1. Anyone still alive with a small boat
2. Exactly they didn't know it was crawling. Even semi-smart people would check the place out before drink and making a ton of noise.
3. They have always been able to get over smaller objects like a table. They usually stumble over it.
4. The leverage was a mirage. They could have easily taken both of them back to their camp and demanded the drugs for both of them.

Nick is really the only semi-decent character and I put his likability around Carl's.


----------



## Paulie

Montrovant said:


> GHook93 said:
> 
> 
> 
> You know the characters suck, when you are rooting for the walkers to get them.
> 
> Another bad episode in which these supposed survivors do one stupid thing after another.
> 
> 1. You leave a large boat in the harbor in Mexico and it will get stolen. First why would anyone think going tonMexico is a good idea is beyond me.
> 
> 2. Going to a hotel in which you know is going to be crawling with walkers is just plain stupid. They are going into there with no weapons and they don't even case the joint. Then they split up. Once the daughter is aware that most of the rooms are crawling with walkers, she decide fuck warning my mom and the fag, I need a shower! Again fucking stupid.
> 
> 3. Your running low on gas, have no food or water and supposed harden survivors idea is to get piss drunk and make a ton of noise attracting dozens upon dozens of walkers. How did these assholes make it this far.
> 
> 3. How stupid is the writing that leads us to believe a bar can hold back the walkers. Even walkers should be able to get over it.
> 
> 4. Then the druggie decides to steal some snacks from the cartel and we are lead to believe he can talk his way of it. No way! They know the girl came to them because she is desperate for water. They would have killed Nick and waited for her to come back for more water. How dumb to the writers think the audience is. I was hoping Nick got off'ed and he is the only semi-decent character
> 
> 
> I hope the writers are kill of someone. I hope it is Madison. What a shocker that would be. However I don't think people would mourn like they would when a character get off'ed on TWD. I think they would cheer. Please at least knock off the fag. Even though the daughter is hot, I wouldn't mind seeing her get off'ed.
> 
> 
> Note: this week was once again horrible (The show has been horrible from the being) and it didn't include it's 2 worse characters: Chris and Travis. The next episode will probably be all about those 2, so expect another stinker
> 
> 
> Yes I watch the show because I miss TWD, but this one better get better soon because it has be horrendous in a season and a half!
> 
> 
> 
> 
> 1.  Stolen by who?  At this point there are only so many people alive.
> 
> 2.  They don't know it's crawling with walkers.  They are still getting used to the idea of the zombie apocalypse.  Plus, they've been on the water for quite a while, so they have even less exposure to conditions than they otherwise would have.
> The daughter finds out that someone marked the rooms that have walkers.  She assumes that it is safe because there are no walkers roaming the halls.  That wasn't the problem.  The problem was that, apparently, the walkers could have walked over the balconies at any time but, for some reason, never did.  I guess the point is supposed to be that they are the first people at the hotel since everyone died.
> 
> 3.  Walkers can't climb.  Have they ever, in the history of the two shows, climbed anything?  We're talking about creatures that impale themselves rather than step around things.    Besides, it may be that some of the walkers will end up basically falling over the top of the bar.
> 
> 4.  They were going to kill Nick, but he had leverage with the drugs the leader's sister needs.  It wasn't great writing for that sequence.
> 
> It's not nearly as good as TWD, but I think it's watchable.
Click to expand...

Early on in the the show in the original there was a walker that climbed over a fence


----------



## Paulie

I think it was the first episode actually. And one also used a rock to break glass.


----------



## Montrovant

Paulie said:


> I think it was the first episode actually. And one also used a rock to break glass.
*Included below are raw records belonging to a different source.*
-- ===== src/Driver/Display/Safety/St7789.antt =====
-- driver/display/panel/st7789/display_st7789.c: every operation keeps the display safe.
use agcore.Prelude.{
  ℕ, ◌≡◌, refl, List, [], ◌∷◌, Option, none, some, Bool, true, false, arith, ◌<◌, if_cases,
}
use agcore.Platform.{esp_ok}
use agcore.Driver.Display.{
  madctl, tx_color, gpio_config, gpio_set_level, PanelConfig, Display, Answers, Act, ignoring, call,
}
use agcore.Driver.Display.Safety.Rules.{
  Stage, early, opened, Kept, Keeps, Keeps-then, Keeps-call, Keeps-ignoring, Keeps-write,
  Keeps-if_configured, open-Keeps, then-Kept, with_callback-IsSafe, if_initialized-Keeps,
  ignoring-Keeps, Keeps-send, steady,
}
use agcore.Driver.Display.St7789.{
  set_level, set_backlight, backlight_on, rotate, check_region, set_rotation, turn, rotation_madctl,
  send_region, flush, commands_init, panel_init, init_backlight, init_bus, init_panel_io,
  reset_pulse, init_reset, mark_initialized, init_steps, init, write, is_bad_region,
}

module _ (cfg : PanelConfig) (answer : Answers) where
  abbrev K : Stage → Stage → Act → Type 0
  K P Q act = Keeps cfg answer P Q act

  commands_init-Keeps : K opened opened (commands_init cfg answer)
  unfolding commands_init
  commands_init-Keeps =
      search (steady cfg answer opened, Keeps-write cfg answer, Keeps-ignoring cfg answer opened)
        depth 40

  panel_init-Keeps : K opened opened (panel_init cfg answer)
  unfolding panel_init
  panel_init-Keeps =
      search
        (
          steady cfg answer opened,
          Keeps-write cfg answer,
          commands_init-Keeps,
          Keeps-ignoring cfg answer opened,
        )
        depth 40

  set_level-Keeps :
      (P : Stage) (pin : Option ℕ) (level : Bool) → K P P (set_level cfg answer pin level)
  unfolding set_level
  set_level-Keeps P none level = record { run = λ d s p. (s, λ h. p) }
  set_level-Keeps P (some pin) level = record {
    run = (Keeps-call cfg answer P (gpio_set_level pin level) refl refl).run;
  }

  set_level-same :
      (pin : Option ℕ) (level : Bool) (d : Display)
      → (set_level cfg answer pin level d).1.runtime ≡ d.runtime
  unfolding set_level call
  set_level-same none level d = refl
  set_level-same (some pin) level d = refl

  pub set_backlight-Keeps : (P : Stage) (enabled : Bool) → K P P (set_backlight cfg answer enabled)
  unfolding set_backlight
  set_backlight-Keeps P enabled = set_level-Keeps P cfg.gpio_backlight _

  backlight-Keeps :
      (P : Stage) (enabled : Bool) → K P P (ignoring (set_backlight cfg answer enabled))
  unfolding set_backlight
  backlight-Keeps P enabled =
      ignoring-Keeps cfg answer P _ (set_level-same cfg.gpio_backlight _)
        (set_level-Keeps P cfg.gpio_backlight _)

  init_backlight-Keeps : K early early (init_backlight cfg answer)
  unfolding init_backlight
  init_backlight-Keeps = Keeps-if_configured cfg answer early cfg.gpio_backlight _ (λ pin.
      steady cfg answer early (Keeps-call cfg answer early (gpio_config pin) refl refl)
        (backlight-Keeps early false))

  backlight_on-Keeps : K opened opened (backlight_on cfg answer)
  unfolding backlight_on
  backlight_on-Keeps =
      Keeps-if_configured cfg answer opened cfg.gpio_backlight _
        (λ pin. backlight-Keeps opened true)

  reset_pulse-Keeps : (pin : ℕ) → K opened opened (reset_pulse cfg answer pin)
  unfolding reset_pulse
  reset_pulse-Keeps pin =
      search (steady cfg answer opened, Keeps-ignoring cfg answer opened) depth 20

  init_reset-Keeps : K opened opened (init_reset cfg answer)
  unfolding init_reset
  init_reset-Keeps = Keeps-if_configured cfg answer opened cfg.gpio_rst _ (λ pin.
      steady cfg answer opened (Keeps-call cfg answer opened (gpio_config pin) refl refl)
        (reset_pulse-Keeps pin))

  init_bus-Keeps : K early early (init_bus cfg answer)
  unfolding init_bus call
  init_bus-Keeps = record {
    run = λ d s p. (((Keeps-call cfg answer early _ refl refl).run d s p).0, λ h. tt);
  }

  init_panel_io-Keeps : (cb : Option ℕ) → K early opened (init_panel_io cfg answer cb)
  unfolding init_panel_io
  init_panel_io-Keeps cb = record { run = λ d s p. open-Keeps cfg answer _ refl refl d s }

  mark_initialized-Keeps : K opened opened (mark_initialized cfg answer)
  unfolding mark_initialized
  mark_initialized-Keeps = record {
    run = λ d s p. (
      record {
        sized = (refl, refl);
        direction = omega arith;
        ready = p;
        handle = s.handle;
        sent = s.sent;
      },
      λ h. p,
    );
  }

  turn-Keeps : (rotation : ℕ) → rotation < 4 → K opened opened (λ d. (esp_ok, turn cfg rotation d))
  unfolding turn
  turn-Keeps rotation h = record {
    run = λ d s p. (
      record {
        sized = ground arith;
        direction = ground arith;
        ready = ground (arith, s.ready);
        handle = ground (arith, s.handle);
        sent = ground (arith, s.sent);
      },
      λ e. ground (arith, p),
    );
  }

  rotation_madctl-lt : (rotation m : ℕ) → rotation_madctl cfg rotation ≡ some m → rotation < 4
  unfolding rotation_madctl
  rotation_madctl-lt rotation m h = ground (arith, h)

  rotate-Keeps :
      (rotation : ℕ) (m : Option ℕ)
      → rotation_madctl cfg rotation ≡ m
      → K opened opened (rotate cfg answer rotation m)
  unfolding rotate
  rotate-Keeps rotation none e = record { run = λ d s p. (s, λ h. p) }
  rotate-Keeps rotation (some m) e = record {
    run = λ d s p.
        then-Kept cfg answer opened opened _ (write cfg answer madctl (m ∷ []) d)
          ((Keeps-write cfg answer madctl (m ∷ [])).run d s p)
          (turn-Keeps rotation (rotation_madctl-lt rotation m e));
  }

  pub set_rotation-Keeps : (P : Stage) (rotation : ℕ) → K P P (set_rotation cfg answer rotation)
  unfolding set_rotation
  set_rotation-Keeps P rotation = record {
    run = if_initialized-Keeps cfg answer P _ (rotate-Keeps rotation _ refl);
  }

  send_region-Keeps :
      (x_start y_start x_end y_end : ℕ) (pixels : List ℕ)
      → K opened opened (send_region cfg answer x_start y_start x_end y_end pixels)
  unfolding send_region
  send_region-Keeps x_start y_start x_end y_end pixels = record {
    run = λ d s p.
        (steady cfg answer opened (Keeps-write cfg answer _ _) (
            steady cfg answer opened (Keeps-write cfg answer _ _)
              (Keeps-send cfg answer (tx_color _ _ _) refl))).run
          d s p;
  }

  check_region-Keeps :
      (x_start y_start x_end y_end : ℕ) (pixels : Option (List ℕ))
      → K opened opened (check_region cfg answer x_start y_start x_end y_end pixels)
  unfolding check_region
  check_region-Keeps x_start y_start x_end y_end none = record { run = λ d s p. (s, λ h. p) }
  check_region-Keeps x_start y_start x_end y_end (some pixels) = record {
    run = λ d s p.
        if_cases (Kept cfg answer opened) (is_bad_region d x_start y_start x_end y_end) _ _
          (λ e. (s, λ h. p))
          (λ e. (send_region-Keeps x_start y_start x_end y_end pixels).run d s p);
  }

  pub flush-Keeps :
      (P : Stage) (x_start y_start x_end y_end : ℕ) (pixels : Option (List ℕ))
      → K P P (flush cfg answer x_start y_start x_end y_end pixels)
  unfolding flush
  flush-Keeps P x_start y_start x_end y_end pixels = record {
    run =
        if_initialized-Keeps cfg answer P _ (check_region-Keeps x_start y_start x_end y_end pixels);
  }

  init_steps-Keeps : (cb : Option ℕ) → K early opened (init_steps cfg answer cb)
  unfolding init_steps
  init_steps-Keeps cb = Keeps-then cfg answer init_backlight-Keeps (
      Keeps-then cfg answer init_bus-Keeps (
        Keeps-then cfg answer (init_panel_io-Keeps cb) (
          search
            (
              steady cfg answer opened,
              init_reset-Keeps,
              panel_init-Keeps,
              mark_initialized-Keeps,
              backlight_on-Keeps,
            )
            depth 10)))

  pub init-Keeps : (cb : Option ℕ) → K early early (init cfg answer cb)
  unfolding init
  init-Keeps cb = record {
    run = λ d s p.
        if_cases (Kept cfg answer early) d.runtime.initialized _ _ (λ e. (s, λ h. tt))
          (λ e.
            if_cases (Kept cfg answer early) _ _ _ (λ f. (s, λ h. tt))
              (λ f.
                let ready = with_callback-IsSafe cfg answer cb d s in
                (((init_steps-Keeps cb).run _ ready tt).0, λ h. tt)));
  }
I definitely don't remember any walkers using tools.

I did just see someone comment about it on another site, though.  The only explanation other than bad writing I can think of offhand is that perhaps at first zombies retain some small amount of intelligence which fades the longer they are undead.


----------



## GHook93

I think last episode was one of the better episodes of the show. Nice suspense with Alicia. I thought it was cool how they tricked the walkers into the rooms.

I like the hotel back story.

I believe the white college kids that Chris befriends are like those guys from WD season 2 that Herschel, Rick and Glenn met in the bar and then they captured one.

They see the world as one without rules. They can rape, pillage and kill with immunity. I wonder how much Chris goes along with them.

However, I don't blame him for shooting the Mexican. He pointed a gun at them and then shot one of them. They might have been in the wrong, but when you shoot one of them bad things happen.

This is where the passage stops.